Could you show each line of the records that contains the word "module"?

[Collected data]
BEGIN
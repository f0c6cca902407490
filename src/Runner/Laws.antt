-- ===== src/Runner/Laws.antt =====
-- src/venues/binance.cc, okx.cc and bybit.cc: no call of a protocol but Reset ends its
-- synchronisation, which fills the runner's interface.
use home_assignment.Common.{
  ℕ, Bool, true, false, not, ◌&&◌, ◌||◌, List, ◌≡◌, refl, Option, none, some, if◌then◌else◌, leb,
}
use home_assignment.Common.Int.{ℤ, pos, ◌+ℤ◌, eq_ℤ}
use home_assignment.Common.Lists.{length}
use home_assignment.Common.Text.{codes, text_eq}
use home_assignment.Json.{Json, get_string, get_i64, ◌>>=◌}
use home_assignment.Venues.{FeedUpdate, Outcome, is_other}
use home_assignment.Venues.Binance
use home_assignment.Venues.Binance.{Config, PendingEvent}
use home_assignment.Venues.Okx
use home_assignment.Venues.Bybit
use home_assignment.Runner.{ProtocolLaws}
use home_assignment.Runner.Protocols.{binance_protocol, okx_protocol, bybit_protocol}

-- A call leaves a synchronised protocol synchronised.
abbrev Keeps : {S : Type 0} → (S → Bool) → S → Outcome S → Type 0
Keeps synced s o = synced s ≡ true → synced o.state ≡ true

Keeps-if :
    {S : Type 0} (synced : S → Bool) (s : S) (b : Bool) (x y : Outcome S)
    → Keeps synced s x
    → Keeps synced s y
    → Keeps synced s (if b then x else y)
Keeps-if synced s true x y h k = h
Keeps-if synced s false x y h k = k

or-true : (b c : Bool) → c ≡ true → b || c ≡ true
or-true true c h = refl
or-true false c h = h

module _ (json : Json) (config : Config) where
  open json use {Element, parse, at_key}

  on_event-Keeps :
      (s : Binance.State) (recv : ℤ) (e : PendingEvent)
      → Keeps (λ t. t.synced) s (Binance.on_event config s recv e)
  unfolding Binance.on_event
  on_event-Keeps s recv e =
      Keeps-if (λ t. t.synced) s (not s.synced) _ _
        (Keeps-if (λ t. t.synced) s (leb config.max_buffered_events (length s.buffered)) _ _
          (λ h. h) (λ h. h))
        (Keeps-if (λ t. t.synced) s (not (eq_ℤ e.first_id (s.last_update_id +ℤ pos 1))) _ _ (λ h. h)
          (λ h. h))

  parsed_event-Keeps :
      (s : Binance.State) (recv : ℤ) (e : Option PendingEvent)
      → Keeps (λ t. t.synced) s (Binance.parsed_event json config s recv e)
  parsed_event-Keeps s recv none = λ h. h
  parsed_event-Keeps s recv (some e) = on_event-Keeps s recv e

  typed_frame-Keeps :
      (s : Binance.State) (recv : ℤ) (root : Element) (kind : Option (List ℕ))
      → Keeps (λ t. t.synced) s (Binance.typed_frame json config s recv root kind)
  typed_frame-Keeps s recv root none = λ h. h
  typed_frame-Keeps s recv root (some kind) =
      Keeps-if (λ t. t.synced) s (not (text_eq kind (codes "depthUpdate"))) _ _ (λ h. h)
        (Keeps-if (λ t. t.synced) s
          (is_other (get_string json (at_key root (codes "s"))) config.symbol) _ _ (λ h. h)
          (parsed_event-Keeps s recv (Binance.parse_depth_event json config root)))

  parsed_frame-Keeps :
      (s : Binance.State) (recv : ℤ) (root : Option Element)
      → Keeps (λ t. t.synced) s (Binance.parsed_frame json config s recv root)
  parsed_frame-Keeps s recv none = λ h. h
  parsed_frame-Keeps s recv (some root) =
      typed_frame-Keeps s recv root (get_string json (at_key root (codes "e")))

  replayed-Keeps :
      (s : Binance.State) (u : FeedUpdate) (r : Option (List FeedUpdate × ℤ))
      → Keeps (λ t. t.synced) s (Binance.replayed s u r)
  replayed-Keeps s u none = λ h. h
  replayed-Keeps s u (some (us, id)) = λ h. refl

  parsed_snapshot-Keeps :
      (s : Binance.State) (recv : ℤ) (p : Option (ℤ × FeedUpdate))
      → Keeps (λ t. t.synced) s (Binance.parsed_snapshot json config s recv p)
  unfolding Binance.reconcile
  parsed_snapshot-Keeps s recv none = λ h. h
  parsed_snapshot-Keeps s recv (some (id, u)) =
      Keeps-if (λ t. t.synced) s (Binance.straddles id (Binance.drop_old id s.buffered)) _ _
        (replayed-Keeps s u (Binance.replay true id recv (Binance.drop_old id s.buffered))) (λ h. h)

  pub binance_protocol-ProtocolLaws : ProtocolLaws (binance_protocol json config)
  unfolding Binance.on_frame Binance.on_rest_snapshot
  binance_protocol-ProtocolLaws = record {
    on_frame-synced = λ s frame recv v h. parsed_frame-Keeps s recv (parse frame) h;
    on_rest_snapshot-synced = λ s body recv v h.
        parsed_snapshot-Keeps s recv (Binance.parse_snapshot json config recv body) h;
  }

module _ (json : Json) (channel symbol : List ℕ) where
  open json use {Element, parse, at_key, array_of}

  commit-Keeps :
      (s : Okx.State) (is_snapshot : Bool) (b : Okx.Batch)
      → Keeps (λ t. t.synced) s (Okx.commit json symbol s is_snapshot b)
  unfolding Okx.commit
  commit-Keeps s is_snapshot (Okx.failed verdict) = λ h. h
  commit-Keeps s is_snapshot (Okx.staged updates seq has) = or-true is_snapshot s.synced

  data_frame-Keeps :
      (s : Okx.State) (recv : ℤ) (is_snapshot : Bool) (data' : Option (List Element))
      → Keeps (λ t. t.synced) s (Okx.data_frame json symbol s recv is_snapshot data')
  data_frame-Keeps s recv is_snapshot none = λ h. h
  data_frame-Keeps s recv is_snapshot (some entries) =
      commit-Keeps s is_snapshot
        (Okx.entry_loop json symbol is_snapshot s.synced recv s.last_seq_id s.has_seq entries)

  action_frame-Keeps :
      (s : Okx.State) (recv : ℤ) (root : Element) (action : Option (List ℕ))
      → Keeps (λ t. t.synced) s (Okx.action_frame json symbol s recv root action)
  action_frame-Keeps s recv root none = λ h. h
  action_frame-Keeps s recv root (some action) =
      let is_snapshot = text_eq action (codes "snapshot") in
      Keeps-if (λ t. t.synced) s (not is_snapshot && not (text_eq action (codes "update"))) _ _
        (λ h. h)
        (Keeps-if (λ t. t.synced) s
          (is_other
            (get_string json (at_key root (codes "arg") >>= λ arg. at_key arg (codes "instId")))
            symbol)
          _ _ (λ h. h)
          (data_frame-Keeps s recv is_snapshot (at_key root (codes "data") >>= array_of)))

  root_frame-Keeps :
      (s : Okx.State) (recv : ℤ) (root : Element) (event : Option (List ℕ))
      → Keeps (λ t. t.synced) s (Okx.root_frame json symbol s recv root event)
  root_frame-Keeps s recv root none =
      action_frame-Keeps s recv root (get_string json (at_key root (codes "action")))
  root_frame-Keeps s recv root (some event) =
      Keeps-if (λ t. t.synced) s (not (text_eq event (codes "error"))) _ _ (λ h. h) (λ h. h)

  parsed_frame-Keeps_okx :
      (s : Okx.State) (recv : ℤ) (root : Option Element)
      → Keeps (λ t. t.synced) s (Okx.parsed_frame json symbol s recv root)
  parsed_frame-Keeps_okx s recv none = λ h. h
  parsed_frame-Keeps_okx s recv (some root) =
      root_frame-Keeps s recv root (get_string json (at_key root (codes "event")))

  pub okx_protocol-ProtocolLaws : ProtocolLaws (okx_protocol json channel symbol)
  unfolding Okx.on_frame
  okx_protocol-ProtocolLaws = record {
    on_frame-synced = λ s frame recv v h.
        Keeps-if (λ t. t.synced) s (text_eq frame (codes "pong")) _ _ (λ k. k)
          (parsed_frame-Keeps_okx s recv (parse frame)) h;
    on_rest_snapshot-synced = λ s body recv v h. h;
  }

module _ (json : Json) (topic : List ℕ) where
  open json use {Element, parse, at_key, bool_of}

  on_update-Keeps :
      (s : Bybit.State) (id : ℤ) (u : Option FeedUpdate) (is_snapshot : Bool)
      → Keeps (λ t. t.synced) s (Bybit.on_update s id u is_snapshot)
  unfolding Bybit.on_update
  on_update-Keeps s id none is_snapshot =
      Keeps-if (λ t. t.synced) s
        (not is_snapshot && (not s.synced || not (eq_ℤ id (s.last_update_id +ℤ pos 1)))) _ _
        (λ h. h) (λ h. h)
  on_update-Keeps s id (some u) is_snapshot =
      Keeps-if (λ t. t.synced) s
        (not is_snapshot && (not s.synced || not (eq_ℤ id (s.last_update_id +ℤ pos 1)))) _ _
        (λ h. h) (or-true is_snapshot s.synced)

  numbered_frame-Keeps :
      (s : Bybit.State) (recv : ℤ) (is_snapshot : Bool) (root body : Element) (id : Option ℤ)
      → Keeps (λ t. t.synced) s (Bybit.numbered_frame json topic s recv is_snapshot root body id)
  numbered_frame-Keeps s recv is_snapshot root body none = λ h. h
  numbered_frame-Keeps s recv is_snapshot root body (some id) =
      on_update-Keeps s id (Bybit.update_of json topic is_snapshot recv root body) is_snapshot

  body_frame-Keeps :
      (s : Bybit.State) (recv : ℤ) (is_snapshot : Bool) (root : Element) (body : Option Element)
      → Keeps (λ t. t.synced) s (Bybit.body_frame json topic s recv is_snapshot root body)
  body_frame-Keeps s recv is_snapshot root none = λ h. h
  body_frame-Keeps s recv is_snapshot root (some body) =
      numbered_frame-Keeps s recv is_snapshot root body (get_i64 json (at_key body (codes "u")))

  kind_frame-Keeps :
      (s : Bybit.State) (recv : ℤ) (root : Element) (kind : Option (List ℕ))
      → Keeps (λ t. t.synced) s (Bybit.typed_frame json topic s recv root kind)
  kind_frame-Keeps s recv root none = λ h. h
  kind_frame-Keeps s recv root (some kind) =
      let is_snapshot = text_eq kind (codes "snapshot") in
      Keeps-if (λ t. t.synced) s (not is_snapshot && not (text_eq kind (codes "delta"))) _ _
        (λ h. h) (body_frame-Keeps s recv is_snapshot root (at_key root (codes "data")))

  acknowledgement-Keeps :
      (s : Bybit.State) (root : Element) (success : Option Bool)
      → Keeps (λ t. t.synced) s (Bybit.acknowledgement json topic s root success)
  acknowledgement-Keeps s root none = λ h. h
  acknowledgement-Keeps s root (some true) = λ h. h
  acknowledgement-Keeps s root (some false) = λ h. h

  topic_frame-Keeps :
      (s : Bybit.State) (recv : ℤ) (root : Element) (name : Option (List ℕ))
      → Keeps (λ t. t.synced) s (Bybit.topic_frame json topic s recv root name)
  topic_frame-Keeps s recv root none =
      acknowledgement-Keeps s root (at_key root (codes "success") >>= bool_of)
  topic_frame-Keeps s recv root (some name) =
      Keeps-if (λ t. t.synced) s (not (text_eq name topic)) _ _ (λ h. h)
        (kind_frame-Keeps s recv root (get_string json (at_key root (codes "type"))))

  parsed_frame-Keeps_bybit :
      (s : Bybit.State) (recv : ℤ) (root : Option Element)
      → Keeps (λ t. t.synced) s (Bybit.parsed_frame json topic s recv root)
  parsed_frame-Keeps_bybit s recv none = λ h. h
  parsed_frame-Keeps_bybit s recv (some root) =
      topic_frame-Keeps s recv root (get_string json (at_key root (codes "topic")))

  pub bybit_protocol-ProtocolLaws : ProtocolLaws (bybit_protocol json topic)
  unfolding Bybit.on_frame
  bybit_protocol-ProtocolLaws = record {
    on_frame-synced = λ s frame recv v h. parsed_frame-Keeps_bybit s recv (parse frame) h;
    on_rest_snapshot-synced = λ s body recv v h. h;
  }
END
Expected answer ->
module _ (json : Json) (config : Config) where
module _ (json : Json) (channel symbol : List ℕ) where
module _ (json : Json) (topic : List ℕ) where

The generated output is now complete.